▶ WHAT TO DO
Retype the records below from their first line through the line containing "ahead-lt n i j h l = ground arith", and include nothing else.

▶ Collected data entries
***
-- ===== src/Coordinator/Ring.antt =====
-- Positions of the ring, and the slots between a reader and the writer.
use streamweaver.Prelude.{
  ℕ, suc, ◌+◌, ◌-◌, ◌≤◌, ◌<◌, ◌≡◌, ◌≢◌, some, List, [], ◌∷◌, arith, ltb, ◌==◌, length, get_elem?,
  if◌then◌else◌,
}
use streamweaver.Coordinator.{ChunkData, next_position}

-- The position `j` steps after `i` in a ring of `n`, for `j` up to `n`.
abbrev pub ahead : ℕ → ℕ → ℕ → ℕ
ahead n i j = if ltb (i + j) n then i + j else i + j - n

pub next_position-lt : (n i : ℕ) → i < n → next_position n i < n
unfolding next_position
next_position-lt n i h = ground arith

pub ahead-next_position :
    (n i j : ℕ) → i < n → j < n → ahead n (next_position n i) j ≡ ahead n i (suc j)
unfolding next_position
ahead-next_position n i j h l = ground arith

pub ahead-ne : (n i j : ℕ) → i < n → 0 < j → j < n → ahead n i j ≢ i
ahead-ne n i j h p l = ground arith

-- r.Prev() in a ring of `n`.
pub prev_position : ℕ → ℕ → ℕ
prev_position n i = if i == 0 then n - 1 else i - 1

pub next_position-prev_position : (n i : ℕ) → i < n → next_position n (prev_position n i) ≡ i
unfolding next_position prev_position
next_position-prev_position n i h = ground arith

pub prev_position-ahead : (n i : ℕ) → i < suc n → prev_position (suc n) i ≡ ahead (suc n) i n
unfolding prev_position
prev_position-ahead n i h = ground arith

pub ahead-distinct : (n i j k : ℕ) → i < n → j < k → k < n → ahead n i k ≢ ahead n i j
ahead-distinct n i j k h l u = ground arith

pub ahead-lt : (n i j : ℕ) → i < n → j ≤ n → ahead n i j < n
ahead-lt n i j h l = ground arith

-- The slots from `i` on hold the listed chunks, one after the other.
abbrev pub Holds : List ChunkData → ℕ → List ChunkData → Type 0
Holds slots i [] = Unit
Holds slots i (w ∷ ws) =
    (get_elem? slots i ≡ some w) × Holds slots (next_position (length slots) i) ws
***
▶ TASK RESPONSE
-- ===== src/Coordinator/Ring.antt =====
-- Positions of the ring, and the slots between a reader and the writer.
use streamweaver.Prelude.{
  ℕ, suc, ◌+◌, ◌-◌, ◌≤◌, ◌<◌, ◌≡◌, ◌≢◌, some, List, [], ◌∷◌, arith, ltb, ◌==◌, length, get_elem?,
  if◌then◌else◌,
}
use streamweaver.Coordinator.{ChunkData, next_position}

-- The position `j` steps after `i` in a ring of `n`, for `j` up to `n`.
abbrev pub ahead : ℕ → ℕ → ℕ → ℕ
ahead n i j = if ltb (i + j) n then i + j else i + j - n

pub next_position-lt : (n i : ℕ) → i < n → next_position n i < n
unfolding next_position
next_position-lt n i h = ground arith

pub ahead-next_position :
    (n i j : ℕ) → i < n → j < n → ahead n (next_position n i) j ≡ ahead n i (suc j)
unfolding next_position
ahead-next_position n i j h l = ground arith

pub ahead-ne : (n i j : ℕ) → i < n → 0 < j → j < n → ahead n i j ≢ i
ahead-ne n i j h p l = ground arith

-- r.Prev() in a ring of `n`.
pub prev_position : ℕ → ℕ → ℕ
prev_position n i = if i == 0 then n - 1 else i - 1

pub next_position-prev_position : (n i : ℕ) → i < n → next_position n (prev_position n i) ≡ i
unfolding next_position prev_position
next_position-prev_position n i h = ground arith

pub prev_position-ahead : (n i : ℕ) → i < suc n → prev_position (suc n) i ≡ ahead (suc n) i n
unfolding prev_position
prev_position-ahead n i h = ground arith

pub ahead-distinct : (n i j k : ℕ) → i < n → j < k → k < n → ahead n i k ≢ ahead n i j
ahead-distinct n i j k h l u = ground arith

pub ahead-lt : (n i j : ℕ) → i < n → j ≤ n → ahead n i j < n
ahead-lt n i j h l = ground arith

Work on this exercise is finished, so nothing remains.